To start, I’m going to construct a simple embedded language in the spirit of
the ones used in my simple probabilistic programming and comonadic
inference posts. Check those posts out if this stuff looks too
unfamiliar. Here’s a preamble that constitutes the skeleton of the code we’ll
be working with.
{-# LANGUAGE DeriveFunctor #-}
{-# LANGUAGE FlexibleContexts #-}
{-# LANGUAGE LambdaCase #-}
{-# LANGUAGE RankNTypes #-}
{-# LANGUAGE TypeFamilies #-}
import Control.Monad
import Control.Monad.Free
import qualified Control.Monad.Trans.Free as TF
import Data.Functor.Foldable
import Data.Random (RVar, sample)
import qualified Data.Random.Distribution.Bernoulli as RF
import qualified Data.Random.Distribution.Beta as RF
import qualified Data.Random.Distribution.Normal as RF
-- probabilistic instruction set, program definitions
data ModelF a r =
BernoulliF Double (Bool -> r)
| GaussianF Double Double (Double -> r)
| BetaF Double Double (Double -> r)
| DiracF a
deriving Functor
type Program a = Free (ModelF a)
type Model b = forall a.

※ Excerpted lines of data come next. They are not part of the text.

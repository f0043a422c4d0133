-- ===== src/Iocp/Delivery/Post.antt =====
-- Packets that are posted, and the operations that they leave alone.
use jnet_lib.Base.{
  ℕ, ◌≡◌, inl, inr, refl, ap, ap₂, ◌∙◌, Bool, true, false, Bool-cases, [], ◌∷◌, ◌==◌, arith,
}
use jnet_lib.Iocp.{
  Result, contains_result, Service, post_packet, post_deferred_completion, on_pending,
  on_completion,
}
use jnet_lib.Iocp.Delivery.{
  bit, fresh_in-append, result_in-append, count-append, View, view, IsUnderWay, IsSound, waits,
}

pub ==_same : (k : ℕ) → (k == k) ≡ true
==_same k = ground arith

-- Two views that differ in what they count.
abbrev recount : View → ℕ → ℕ → View
recount v n m = record v { fresh = n; results = m }

module _ (j k : ℕ) (ne : (j == k) ≡ false) where
  pub post_packet-other : (ok : Bool) (s : Service) → view (post_packet ok k s) j ≡ view s j
  post_packet-other true s =
      ap₂ (recount (view s j)) (omega (arith, fresh_in-append j s.port (contains_result k ∷ [])))
        (omega (arith, result_in-append j s.port (contains_result k ∷ []), ap bit ne))
  post_packet-other false s =
      ap (λ n. record (view s j) { results = n })
        (omega (arith, count-append j s.completed_ops (k ∷ []), ap bit ne))

  pub on_completion-other :
      (ok : Bool) (r : Result) (s : Service) → view (on_completion ok k r s) j ≡ view s j
  unfolding on_completion
  on_completion-other ok r s = post_packet-other ok _ ∙ rw ne refl

  pub post_deferred_completion-other :
      (ok : Bool) (s : Service) → view (post_deferred_completion ok k s) j ≡ view s j
  unfolding post_deferred_completion
  post_deferred_completion-other ok s = post_packet-other ok _ ∙ rw ne refl

  pub on_pending-other : (ok : Bool) (s : Service) → view (on_pending ok k s) j ≡ view s j
  unfolding on_pending
  on_pending-other ok s = elim (Bool-cases (s.ready k)) [
    | inl e ↦ rw e (post_packet-other ok s)
    | inr e ↦ rw (e, ne) refl
  ]

-- A result that is posted waits.
pub post_packet-waits :
    (ok : Bool) (k : ℕ) (s : Service)
    → s.starting k ≡ false
    → s.ready k ≡ true
    → (view s k).fresh ≡ 0
    → (view s k).results ≡ 0
    → s.held k ≡ []
    → s.stored k ≡ s.outcome k
    → IsUnderWay (view s k)
    → IsSound (view (post_packet ok k s) k)
post_packet-waits true k s a b f c h e u =
    waits a b (omega (arith, f, fresh_in-append k s.port (contains_result k ∷ [])))
      (omega (arith, c, result_in-append k s.port (contains_result k ∷ []), ap bit (==_same k))) h e
      u
post_packet-waits false k s a b f c h e u =
    waits a b f (omega (arith, c, count-append k s.completed_ops (k ∷ []), ap bit (==_same k))) h e
      u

Program a b
type Terminating a = Program a a
-- core language terms
bernoulli :: Double -> Model Bool
bernoulli p = liftF (BernoulliF vp id) where
vp
| p < 0 = 0
| p > 1 = 1
| otherwise = p
gaussian :: Double -> Double -> Model Double
gaussian m s
| s <= 0 = error "gaussian: variance out of bounds"
| otherwise = liftF (GaussianF m s id)
beta :: Double -> Double -> Model Double
beta a b
| a <= 0 || b <= 0 = error "beta: parameter out of bounds"
| otherwise = liftF (BetaF a b id)
dirac :: a -> Program a b
dirac x = liftF (DiracF x)
-- interpreter
rvar :: Program a a -> RVar a
rvar = iterM $ \case
BernoulliF p f -> RF.bernoulli p >>= f
GaussianF m s f -> RF.normal m s >>= f
BetaF a b f -> RF.beta a b >>= f
DiracF x -> return x
-- utilities
free :: Functor f => Fix f -> Free f a
free = cata Free
affine :: Num a => a -> a -> a -> a
affine translation scale = (+ translation) . (* scale)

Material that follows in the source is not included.